After the jury retired, defendant's counsel requested the trial judge to charge the jury the words "positive act" should be defined as a willfully committed act. The trial judge rejected this argument and request.
The purpose of jury instructions is to enlighten the jury and aid it in arriving at a correct verdict. State v. Leonard, 292 S.C. 133, 355 S.E. (2d) 270 (1987). We hold that when a trial judge uses a word or words which the jury does not understand, he has a duty to explain the words upon request. Cf. Moore v. Mauldin, 199 Ga. 780, 35 S.E. (2d) 511 (1945).

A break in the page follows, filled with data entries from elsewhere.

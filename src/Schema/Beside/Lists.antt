-- ===== src/Schema/Beside/Lists.antt =====
-- Lists beside others whose elements do not pass a test.
use basket_shared.Prelude.{
  Bool, false, not, ◌&&◌, ◌||◌, Bool-cases, not_both, inl, inr, List, [], ◌∷◌, ◌++◌, map, any,
  filter, if◌then◌else◌, ◌≡◌, refl, ap,
}

module _ {A : Type 0} where
  pub any-beside : (p : A → Bool) (xs ys : List A) → any p ys ≡ false → any p (xs ++ ys) ≡ any p xs
  any-beside p [] ys e = e
  any-beside p (x ∷ xs) ys e = ap (λ b. p x || b) (any-beside p xs ys e)

  pub any-false :
      (p : A → Bool) (y : A) (ys : List A)
      → any p (y ∷ ys) ≡ false
      → (p y ≡ false) × (any p ys ≡ false)
  any-false p y ys e = elim (Bool-cases (p y)) [
    | inl h ↦ absurd (not_both (rw h at e) refl)
    | inr h ↦ (h, rw h at e)
  ]

  -- A test that implies one that none passes is passed by none.
  pub any-narrow :
      (p q : A → Bool) (ys : List A) → any p ys ≡ false → any (λ y. p y && q y) ys ≡ false
  any-narrow p q [] e = refl
  any-narrow p q (y ∷ ys) e = let (h, k) = any-false p y ys e in rw h (any-narrow p q ys k)

  pub filter-beside :
      (p : A → Bool) (xs ys : List A)
      → any p ys ≡ false
      → filter (λ x. not (p x)) (xs ++ ys) ≡ filter (λ x. not (p x)) xs ++ ys
  filter-beside p [] [] e = refl
  filter-beside p [] (y ∷ ys) e =
      let (h, k) = any-false p y ys e in rw h (ap (λ zs. y ∷ zs) (filter-beside p [] ys k))
  filter-beside p (x ∷ xs) ys e = elim (Bool-cases (p x)) [
    | inl h ↦ rw h (filter-beside p xs ys e)
    | inr h ↦ rw h (ap (λ zs. x ∷ zs) (filter-beside p xs ys e))
  ]

  pub map-beside :
      (p : A → Bool) (f : A → A) (xs ys : List A)
      → any p ys ≡ false
      → map (λ x. if p x then f x else x) (xs ++ ys) ≡ map (λ x. if p x then f x else x) xs ++ ys
  map-beside p f [] [] e = refl
  map-beside p f [] (y ∷ ys) e =
      let (h, k) = any-false p y ys e in rw h (ap (λ zs. y ∷ zs) (map-beside p f [] ys k))
  map-beside p f (x ∷ xs) ys e = ap (λ zs. (if p x then f x else x) ∷ zs) (map-beside p f xs ys e)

We hold the words "positive act" were included in the trial judge's charge for the purpose of showing that the law does not concern itself with mere guilty intention, unconnected with any overt act. It has long been the law that intent alone, not coupled with some overt act putting the intent into effect is not cognizable by the courts and does not constitute a crime. We hold that the trial judge could have clarified the matter by a simple definition of the words "positive" and "act."
Although we hold that the trial judge erred in not explaining to the jury what he meant, the error was harmless because of the overwhelming evidence of guilt contained in the record before us.
We find no merit in the remaining questions put forth by Jefferies.
CONCLUSION
For the reasons given, we find no error in the trial judge's refusing to quash the indictment for kidnapping on the grounds of double jeopardy, collateral estoppel or inconsistent verdicts. We also hold that the trial judge's failure to grant Jefferies' request to charge the law of intent and to explain the words "positive act" were harmless error because the defendant's guilt was conclusively proven by competent evidence and no other rational conclusion could have been reached by the jury. The conviction and sentences are therefore affirmed.
Affirmed.
Bell, J., and Littlejohn, Acting Judge, concur.
See State v. Evans, 216 S.C. 328, 57 S.E. (2d) 756 (1950).